Work required: From the entries that follow, copy exactly the lines beginning at the line holding "(omega arith) (omega" and continuing through the line holding "pub ttl : ℕ".

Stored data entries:
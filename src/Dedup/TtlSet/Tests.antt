-- ===== src/Dedup/TtlSet/Tests.antt =====
-- The theorems on TTLSet at concrete inputs.
use lobster_roll.Prelude.{ℕ, ◌≡◌, refl, true, false, none, [], ◌∷◌, arith, nat_eq, lookup, insert}
use lobster_roll.Dedup.TtlSet.{new_ttl, add, remove, sweep}
use lobster_roll.Dedup.TtlSet.Expiry.{adds, removes, run, add-suppresses, add-remove}

add-suppresses_run :
    (add (run (add (new_ttl {K = ℕ} 100) 5 1).0 (adds 20 2 ∷ removes 2 ∷ adds 30 1 ∷ [])) 104 1).1
    ≡ false
unfolding new_ttl add lookup
add-suppresses_run =
    add-suppresses (new_ttl {K = ℕ} 100) 5 104 1 (adds 20 2 ∷ removes 2 ∷ adds 30 1 ∷ []) refl
      (omega arith) (omega arith) (omega arith, (refl, (omega arith, tt)))

add-remove_run :
    ((add (remove (add (new_ttl {K = ℕ} 100) 5 1).0 1) 6 1).1 ≡ true)
    × (lookup 2 (remove (add (new_ttl {K = ℕ} 100) 5 1).0 1).exp ≡ none)
unfolding new_ttl add lookup sweep insert
add-remove_run = add-remove (add (new_ttl {K = ℕ} 100) 5 1).0 6 1 2
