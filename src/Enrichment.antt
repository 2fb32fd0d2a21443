-- ===== src/Enrichment.antt =====
-- services/enrichment/internal/server and cache: what a token stands for, from a cache of rows that
-- expire, a memory of unknown tokens, and the upstream. The row's times are unix seconds, the memory's
-- are nanoseconds; `fetches` counts the calls of the upstream. A call is one step: the fetch that
-- single-flight shares between waiting calls is made by the first of them.
pub mod Rows
pub mod Remembers
mod Tests
use lobster_roll.Prelude.{
  ℕ, suc, ◌+◌, ◌/◌, Bool, true, false, not, List, [], ◌∷◌, Option, none, some, GoString, ◌≟◌,
  bytes_eq, ltb, leb, length, lookup, insert, delete, keep, if◌then◌else◌, ◌&&◌,
}

pub record Enrichment : Type 0 where
  pub market_question : GoString
  pub outcome : GoString
  pub market_slug : GoString
  pub condition_id : GoString
  pub end_date_unix : ℕ

-- The rows with the time they were cached, and the time to live in nanoseconds, 0 for none.
pub record Cache : Type 0 where
  pub rows : List (GoString × (Enrichment × ℕ))
  pub ttl : ℕ

unfoldable pub fresh_row : ℕ → ℕ → Option (Enrichment × ℕ) → Option Enrichment
fresh_row ttl unix none = none
fresh_row ttl unix (some (e, cached_at)) =
    if ltb 0 ttl && ltb (cached_at + ttl / 1_000_000_000) unix then none else some e

-- `Get`.
unfoldable pub get : Cache → ℕ → GoString → Option Enrichment
unfolding fresh_row
get c unix token = fresh_row c.ttl unix (lookup token c.rows)

unfoldable pub put : Cache → ℕ → GoString → Enrichment → Cache
put c unix token e = record c { rows = insert token (e, unix) c.rows }

abbrev pub neg_cache_ttl : ℕ
neg_cache_ttl = 3_600_000_000_000

abbrev pub neg_sweep_threshold : ℕ
neg_sweep_threshold = 1_024

pub record Server : Type 0 where
  pub cache : Cache
  pub neg_tok : List (GoString × ℕ)
  pub fetches : ℕ

-- What the upstream answers.
pub data Fetched : Type 0 where
  fetch_error unknown_token : Fetched
  known : Enrichment → Fetched

-- What the outside answers during a call, and its clocks: `unix` is the cache's, `at` the server's.
pub record Answers : Type 0 where
  pub read_ok : Bool
  pub write_ok : Bool
  pub fetch : Fetched
  pub unix : ℕ
  pub at : ℕ

pub data Reply : Type 0 where
  invalid_argument internal_error not_found unavailable : Reply
  resolved : Enrichment → Reply

unfoldable pub remembered : Server → ℕ → GoString → Option ℕ → Server × Bool
remembered s at token none = (s, false)
remembered s at token (some exp) =
    if not (ltb at exp) then (record s { neg_tok = delete token s.neg_tok }, false) else (s, true)

-- `negativelyCached`.
unfoldable pub negatively_cached : Server → ℕ → GoString → Server × Bool
unfolding remembered
negatively_cached s at token = remembered s at token (lookup token s.neg_tok)

-- `cacheNegative`.
unfoldable pub cache_negative : Server → ℕ → GoString → Server
cache_negative s at token =
    let swept =
      if leb neg_sweep_threshold (length s.neg_tok)
      then keep (λ r. ltb at r.1) s.neg_tok
      else s.neg_tok in
    record s { neg_tok = insert token (at + neg_cache_ttl) swept }

unfoldable pub took : Server → GoString → Answers → Fetched → Server × Reply
unfolding cache_negative put
took s token a fetch_error = (s, unavailable)
took s token a unknown_token = (cache_negative s a.at token, not_found)
took s token a (known e) =
    (if a.write_ok then record s { cache = put s.cache a.unix token e } else s, resolved e)

unfoldable pub resolve : Server × Bool → GoString → Answers → Server × Reply
unfolding took
resolve (s, unknown) token a =
    if unknown then (s, not_found) else took (record s { fetches = suc s.fetches }) token a a.fetch

unfoldable pub missed : Server → GoString → Answers → Option Enrichment → Server × Reply
unfolding resolve negatively_cached
missed s token a (some e) = (s, resolved e)
missed s token a none = resolve (negatively_cached s a.at token) token a

-- `EnrichToken`.
unfoldable pub enrich_token : Server → GoString → Answers → Server × Reply
unfolding missed get
enrich_token s token a =
    if token ≟ []
    then (s, invalid_argument)
    else if not a.read_ok
    then (s, internal_error)
    else missed s token a (get s.cache a.unix token)
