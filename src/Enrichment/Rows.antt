-- ===== src/Enrichment/Rows.antt =====
-- A row of the cache stays while it is fresh.
use lobster_roll.Prelude.{
  ℕ, suc, ◌+◌, ◌/◌, ◌≤◌, ◌≡◌, ap, ◌∙◌, ◌⊎◌, inl, inr, Bool, false, not, List, [], ◌∷◌, Option, none,
  some, GoString, ◌≟◌, bytes_eq, ltb, lookup, lookup-insert, All, Bool-cases, if_cases, eq_of_beq,
  arith,
}
use lobster_roll.Enrichment.{
  Enrichment, Server, Fetched, fetch_error, unknown_token, known, Answers, Reply, fresh_row, get,
  put, remembered, negatively_cached, cache_negative, took, resolve, missed, enrich_token,
}

-- A call that comes in: its token and what is answered.
unfoldable pub run : Server → List (GoString × Answers) → Server
run s [] = s
run s ((token, a) ∷ calls) = run (enrich_token s token a).0 calls

-- The row's end, when its time to live is not 0.
abbrev pub row_end : Server → ℕ → ℕ
row_end s cached_at = cached_at + s.cache.ttl / 1_000_000_000

pub fresh_row-hit :
    (ttl unix cached_at : ℕ) (e : Enrichment)
    → unix ≤ cached_at + ttl / 1_000_000_000
    → fresh_row ttl unix (some (e, cached_at)) ≡ some e
unfolding fresh_row
fresh_row-hit ttl unix cached_at e h = ground arith

-- The server has a token's row.
abbrev pub HasRow : GoString → Enrichment × ℕ → ℕ → Server → Type 0
HasRow token r ttl s = (lookup token s.cache.rows ≡ some r) × (s.cache.ttl ≡ ttl)

module _ (token : GoString) (r : Enrichment × ℕ) (ttl : ℕ) where
  took-HasRow :
      (s : Server) (other : GoString) (a : Answers) (f : Fetched)
      → (other ≟ token) ≡ false
      → HasRow token r ttl s
      → HasRow token r ttl (took s other a f).0
  unfolding took cache_negative put
  took-HasRow s other a fetch_error n h = h
  took-HasRow s other a unknown_token n h = h
  took-HasRow s other a (known e) n h =
      ground (arith, lookup-insert other token (e, a.unix) s.cache.rows, n, h)

  remembered-HasRow :
      (s : Server) (at : ℕ) (other : GoString) (o : Option ℕ)
      → HasRow token r ttl s
      → HasRow token r ttl (remembered s at other o).0
  unfolding remembered
  remembered-HasRow s at other none h = h
  remembered-HasRow s at other (some exp) h =
      if_cases (λ (x : Server × Bool). HasRow token r ttl x.0) (not (ltb at exp)) _ _ (λ _. h)
        (λ _. h)

  resolve-HasRow :
      (p : Server × Bool) (other : GoString) (a : Answers)
      → (other ≟ token) ≡ false
      → HasRow token r ttl p.0
      → HasRow token r ttl (resolve p other a).0
  unfolding resolve
  resolve-HasRow (s, unknown) other a n h =
      if_cases (λ (x : Server × Reply). HasRow token r ttl x.0) unknown _ _ (λ _. h)
        (λ _. took-HasRow (record s { fetches = suc s.fetches }) other a a.fetch n h)

  missed-HasRow :
      (s : Server) (other : GoString) (a : Answers) (o : Option Enrichment)
      → ((other ≟ token) ≡ false) ⊎ ((e : Enrichment) × (o ≡ some e))
      → HasRow token r ttl s
      → HasRow token r ttl (missed s other a o).0
  unfolding missed negatively_cached
  missed-HasRow s other a (some e) why h = h
  missed-HasRow s other a none (inl n) h =
      resolve-HasRow (negatively_cached s a.at other) other a n
        (remembered-HasRow s a.at other (lookup other s.neg_tok) h)
  missed-HasRow s other a none (inr (e, k)) h = absurd cc

-- A call of the token while its row is fresh, or of another token.
abbrev pub IsEarly : GoString → ℕ → GoString × Answers → Type 0
IsEarly token end (other, a) = ((other ≟ token) ≡ false) ⊎ (a.unix ≤ end)

step-HasRow :
    (s : Server) (token other : GoString) (a : Answers) (e : Enrichment) (cached_at ttl : ℕ)
    → HasRow token (e, cached_at) ttl s
    → IsEarly token (cached_at + ttl / 1_000_000_000) (other, a)
    → HasRow token (e, cached_at) ttl (enrich_token s other a).0
unfolding enrich_token get
step-HasRow s token other a e cached_at ttl h why =
    let P : Server × Reply → Type 0 = λ x. HasRow token (e, cached_at) ttl x.0 in
    if_cases P (other ≟ []) _ _ (λ _. h)
      (λ _.
        if_cases P (not a.read_ok) _ _ (λ _. h)
          (λ _.
            missed-HasRow token (e, cached_at) ttl s other a (get s.cache a.unix other)
              (elim (Bool-cases (other ≟ token)) [
                | inr n ↦ inl n
                | inl same ↦ elim why [
                  | inl n ↦ inl n
                  | inr early ↦ inr (
                    e,
                    ap (λ k. fresh_row s.cache.ttl a.unix (lookup k s.cache.rows))
                          (eq_of_beq other token same)
                        ∙ ap (fresh_row s.cache.ttl a.unix) h.0
                        ∙ ap (λ t. fresh_row t a.unix (some (e, cached_at))) h.1
                        ∙ fresh_row-hit ttl a.unix cached_at e early,
                  )
                ]
              ])
              h))

pub run-HasRow :
    (calls : List (GoString × Answers)) (s : Server) (token : GoString) (e : Enrichment)
    (cached_at ttl : ℕ)
    → HasRow token (e, cached_at) ttl s
    → All (IsEarly token (cached_at + ttl / 1_000_000_000)) calls
    → HasRow token (e, cached_at) ttl (run s calls)
unfolding run
run-HasRow [] s token e cached_at ttl h all = h
run-HasRow ((other, a) ∷ calls) s token e cached_at ttl h (early, all) =
    run-HasRow calls (enrich_token s other a).0 token e cached_at ttl
      (step-HasRow s token other a e cached_at ttl h early) all
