-- ===== src/Enrichment/Remembers.antt =====
-- What the service remembers of a token, and for how long.
use mathlib.Core.Path.{subst}
use lobster_roll.Prelude.{
  ℕ, suc, ◌+◌, ◌/◌, ◌≤◌, ◌≡◌, refl, sym, ap, ◌∙◌, Bool, true, false, not, List, [], Option, none,
  some, GoString, ◌≟◌, bytes_eq, ltb, lookup, lookup-insert, All, if_cases, beq_refl, arith,
}
use lobster_roll.Enrichment.{
  Enrichment, Server, known, Answers, Reply, resolved, fresh_row, get, put, remembered,
  negatively_cached, took, resolve, missed, enrich_token,
}
use lobster_roll.Enrichment.Rows.{run, row_end, HasRow, IsEarly, fresh_row-hit, run-HasRow}

took-fetched :
    (s : Server) (token : GoString) (a : Answers) (e : Enrichment)
    → a.write_ok ≡ true
    → HasRow token (e, a.unix) s.cache.ttl (took s token a (known e)).0
unfolding took put
took-fetched s token a e ok =
    rw ok (lookup-insert token token (e, a.unix) s.cache.rows ∙ rw (beq_refl token) refl, refl)

remembered-same :
    (s : Server) (at : ℕ) (token : GoString) (o : Option ℕ)
    → ((remembered s at token o).0.fetches ≡ s.fetches)
      × ((remembered s at token o).0.cache ≡ s.cache)
unfolding remembered
remembered-same s at token none = (refl, refl)
remembered-same s at token (some exp) =
    if_cases (λ (x : Server × Bool). (x.0.fetches ≡ s.fetches) × (x.0.cache ≡ s.cache))
      (not (ltb at exp)) _ _ (λ _. (refl, refl)) (λ _. (refl, refl))

resolve-fetched :
    (p : Server × Bool) (n ttl : ℕ) (token : GoString) (a : Answers) (e : Enrichment)
    → p.0.fetches ≡ n
    → p.0.cache.ttl ≡ ttl
    → a.fetch ≡ known e
    → a.write_ok ≡ true
    → (resolve p token a).0.fetches ≡ suc n
    → HasRow token (e, a.unix) ttl (resolve p token a).0
unfolding resolve
resolve-fetched (s, unknown) n ttl token a e same t k ok =
    if_cases (λ (x : Server × Reply). x.0.fetches ≡ suc n → HasRow token (e, a.unix) ttl x.0)
      unknown _ _ (λ _ called. absurd (omega (arith, same, called)))
      (λ _ called.
        let calling = record s { fetches = suc s.fetches } in
        subst (λ f. HasRow token (e, a.unix) ttl (took calling token a f).0) (sym k)
          (subst (λ m. HasRow token (e, a.unix) m (took calling token a (known e)).0) t
            (took-fetched calling token a e ok)))

missed-fetched :
    (s : Server) (token : GoString) (a : Answers) (e : Enrichment) (o : Option Enrichment)
    → a.fetch ≡ known e
    → a.write_ok ≡ true
    → (missed s token a o).0.fetches ≡ suc s.fetches
    → HasRow token (e, a.unix) s.cache.ttl (missed s token a o).0
unfolding missed negatively_cached
missed-fetched s token a e (some x) k ok called = absurd (omega (arith, called))
missed-fetched s token a e none k ok called =
    let (same, cache) = remembered-same s a.at token (lookup token s.neg_tok) in
    resolve-fetched (negatively_cached s a.at token) s.fetches s.cache.ttl token a e same
      (ap (λ c. c.ttl) cache) k ok called

enrich_token-fetched :
    (s : Server) (token : GoString) (a : Answers) (e : Enrichment)
    → a.fetch ≡ known e
    → a.write_ok ≡ true
    → (enrich_token s token a).0.fetches ≡ suc s.fetches
    → HasRow token (e, a.unix) s.cache.ttl (enrich_token s token a).0
unfolding enrich_token
enrich_token-fetched s token a e k ok =
    let P : Server × Reply → Type 0 =
      λ x. x.0.fetches ≡ suc s.fetches → HasRow token (e, a.unix) s.cache.ttl x.0 in
    if_cases P (token ≟ []) _ _ (λ _ called. absurd (omega (arith, called)))
      (λ _.
        if_cases P (not a.read_ok) _ _ (λ _ called. absurd (omega (arith, called)))
          (λ _. missed-fetched s token a e (get s.cache a.unix token) k ok))

enrich_token-hit :
    (s : Server) (token : GoString) (b : Answers) (e : Enrichment) (cached_at ttl : ℕ)
    → HasRow token (e, cached_at) ttl s
    → (token ≟ []) ≡ false
    → b.read_ok ≡ true
    → b.unix ≤ cached_at + ttl / 1_000_000_000
    → enrich_token s token b ≡ (s, resolved e)
unfolding enrich_token get missed
enrich_token-hit s token b e cached_at ttl h named readable late =
    rw (named, readable)
      (ap (missed s token b) (
        ap (fresh_row s.cache.ttl b.unix) h.0
        ∙ ap (λ t. fresh_row t b.unix (some (e, cached_at))) h.1
        ∙ fresh_row-hit ttl b.unix cached_at e late))

-- Once the upstream was called for a token, knew it, and the row was written, the token resolves to that
-- answer with no call of the upstream and nothing changed, until the row's time to live is over, if the
-- database can be read and whatever calls come between. Calls between for the token itself come before
-- that end too.
pub enrich_token-run :
    (s : Server) (token : GoString) (a b : Answers) (e : Enrichment)
    (calls : List (GoString × Answers))
    → a.fetch ≡ known e
    → a.write_ok ≡ true
    → (enrich_token s token a).0.fetches ≡ suc s.fetches
    → (token ≟ []) ≡ false
    → All (IsEarly token (row_end s a.unix)) calls
    → b.read_ok ≡ true
    → b.unix ≤ row_end s a.unix
    → enrich_token (run (enrich_token s token a).0 calls) token b
      ≡ (run (enrich_token s token a).0 calls, resolved e)
enrich_token-run s token a b e calls k ok called named early readable late =
    enrich_token-hit (run (enrich_token s token a).0 calls) token b e a.unix s.cache.ttl
      (run-HasRow calls (enrich_token s token a).0 token e a.unix s.cache.ttl
        (enrich_token-fetched s token a e k ok called) early)
      named readable late
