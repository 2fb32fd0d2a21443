-- ===== src/Enrichment/Tests.antt =====
-- Runs of the service, and an example for its theorem.
use lobster_roll.Prelude.{
  ℕ, ◌≡◌, refl, inl, true, [], ◌∷◌, codes, ◌*◌, arith, bytes_beq, lookup, insert,
}
use lobster_roll.Enrichment.{
  Enrichment, Server, Answers, Fetched, fetch_error, unknown_token, known, resolved, not_found,
  unavailable, enrich_token,
}
use lobster_roll.Enrichment.Rows.{run}
use lobster_roll.Enrichment.Remembers.{enrich_token-run}

abbrev game : Enrichment
game = record {
  market_question = codes "Who wins?";
  outcome = codes "Yes";
  market_slug = codes "game";
  condition_id = codes "0xc";
  end_date_unix = 2_000;
}

-- Rows live for 100 seconds.
abbrev server : Server
server = record { cache = record { rows = []; ttl = 100_000_000_000 }; neg_tok = []; fetches = 0 }

abbrev answers : Fetched → ℕ → Answers
answers f unix = record {
  read_ok = true;
  write_ok = true;
  fetch = f;
  unix = unix;
  at = unix * 1_000_000_000;
}

abbrev after : Server
after = (enrich_token server (codes "7") (answers (known game) 1_000)).0

-- Another token is unknown, and is not asked for again within the hour; a failed fetch is.
outcomes :
    ((enrich_token after (codes "8") (answers unknown_token 1_000)).1 ≡ not_found)
    × ((enrich_token
          (enrich_token after (codes "8") (answers unknown_token 1_000)).0
          (codes "8")
          (answers (known game) 4_599)).1
        ≡ not_found)
    × ((enrich_token
          (enrich_token after (codes "8") (answers fetch_error 1_000)).0
          (codes "8")
          (answers (known game) 1_000)).1
        ≡ resolved game)
    × ((enrich_token after (codes "7") (answers fetch_error 1_101)).1 ≡ unavailable)
unfolding enrich_token bytes_beq lookup insert
outcomes = (refl, refl, refl, refl)

enrich_token-run_example :
    enrich_token
      (run after ((codes "8", answers unknown_token 5_000) ∷ []))
      (codes "7")
      (answers fetch_error 1_100)
    ≡ (run after ((codes "8", answers unknown_token 5_000) ∷ []), resolved game)
unfolding enrich_token bytes_beq lookup
enrich_token-run_example =
    enrich_token-run server (codes "7") (answers (known game) 1_000) (answers fetch_error 1_100)
      game ((codes "8", answers unknown_token 5_000) ∷ []) refl refl refl refl (inl refl, tt) refl
      (omega arith)
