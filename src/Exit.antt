-- ===== src/Exit.antt =====
-- pkg/exit/exit.go: the decision engine for an open, copied position. The reason strings are the
-- constructors of `Reason`.
pub mod Priority
pub mod Amounts
mod Tests
use lobster_roll.Prelude.{Bool, true, false, if◌then◌else◌, ◌&&◌, ◌||◌}
use lobster_roll.Float.{Float, ◌<?◌, ◌≤?◌, ◌⊖◌, ◌⊗◌, nought, one}

pub data Kind : Type 0 where
  hold sell hedge : Kind

pub data Reason : Type 0 where
  no_position stop_loss leader_exited lock_profit take_profit holding : Reason

pub record Action {ℓ} (F : Type ℓ) : Type ℓ where
  pub kind : Kind
  pub shares : F
  pub reason : Reason

pub record Position {ℓ} (F : Type ℓ) : Type ℓ where
  pub entry_price : F
  pub cur_price : F
  pub opp_price : F
  pub shares : F

pub record Config {ℓ} (F : Type ℓ) : Type ℓ where
  pub stop_loss : F
  pub take_profit : F
  pub take_profit_frac : F
  pub hedge_lock_min : F
  pub leader_exited : Bool
  pub leader_exit_frac : F

module _ {ℓ} {F : Type ℓ} ⦃d : Float F⦄ where
  pub lockable_profit_frac : F → F → F
  lockable_profit_frac entry opp = one ⊖ entry ⊖ opp

  pub clamp_frac : F → F
  clamp_frac f = if f ≤? nought || one <? f then one else f

  -- The guards of the rules, as the code tests them.
  pub stop_loss_hit : Position F → Config F → Bool
  stop_loss_hit p cfg = nought <? cfg.stop_loss && p.cur_price ≤? cfg.stop_loss

  pub hedge_lock_hit : Position F → Config F → Bool
  unfolding lockable_profit_frac
  hedge_lock_hit p cfg =
      nought <? cfg.hedge_lock_min
      && cfg.hedge_lock_min ≤? lockable_profit_frac p.entry_price p.opp_price

  pub take_profit_hit : Position F → Config F → Bool
  take_profit_hit p cfg = nought <? cfg.take_profit && cfg.take_profit ≤? p.cur_price

  pub decide : Position F → Config F → Action F
  decide p cfg =
      if p.shares ≤? nought
      then record { kind = hold; shares = nought; reason = no_position }
      else if stop_loss_hit p cfg
      then record { kind = sell; shares = p.shares; reason = stop_loss }
      else if cfg.leader_exited
      then record {
        kind = sell;
        shares = p.shares ⊗ clamp_frac cfg.leader_exit_frac;
        reason = leader_exited;
      }
      else if hedge_lock_hit p cfg
      then record { kind = hedge; shares = p.shares; reason = lock_profit }
      else if take_profit_hit p cfg
      then record {
        kind = sell;
        shares = p.shares ⊗ clamp_frac cfg.take_profit_frac;
        reason = take_profit;
      }
      else record { kind = hold; shares = nought; reason = holding }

Output:
      (omega arith) (omega arith) (omega arith, (refl, (omega arith, tt)))

add-remove_run :
    ((add (remove (add (new_ttl {K = ℕ} 100) 5 1).0 1) 6 1).1 ≡ true)
    × (lookup 2 (remove (add (new_ttl {K = ℕ} 100) 5 1).0 1).exp ≡ none)
unfolding new_ttl add lookup sweep insert
add-remove_run = add-remove (add (new_ttl {K = ℕ} 100) 5 1).0 6 1 2
filename src/Enrichment.antt
repository 2fb32fd0d2a21443
-- ===== src/Enrichment.antt =====
-- services/enrichment/internal/server and cache: what a token stands for, from a cache of rows that
-- expire, a memory of unknown tokens, and the upstream. The row's times are unix seconds, the memory's
-- are nanoseconds; `fetches` counts the calls of the upstream. A call is one step: the fetch that
-- single-flight shares between waiting calls is made by the first of them.
pub mod Rows
pub mod Remembers
mod Tests
use lobster_roll.Prelude.{
  ℕ, suc, ◌+◌, ◌/◌, Bool, true, false, not, List, [], ◌∷◌, Option, none, some, GoString, ◌≟◌,
  bytes_eq, ltb, leb, length, lookup, insert, delete, keep, if◌then◌else◌, ◌&&◌,
}

pub record Enrichment : Type 0 where
  pub market_question : GoString
  pub outcome : GoString
  pub market_slug : GoString
  pub condition_id : GoString
  pub end_date_unix : ℕ

-- The rows with the time they were cached, and the time to live in nanoseconds, 0 for none.
pub record Cache : Type 0 where
  pub rows : List (GoString × (Enrichment × ℕ))
  pub ttl : ℕ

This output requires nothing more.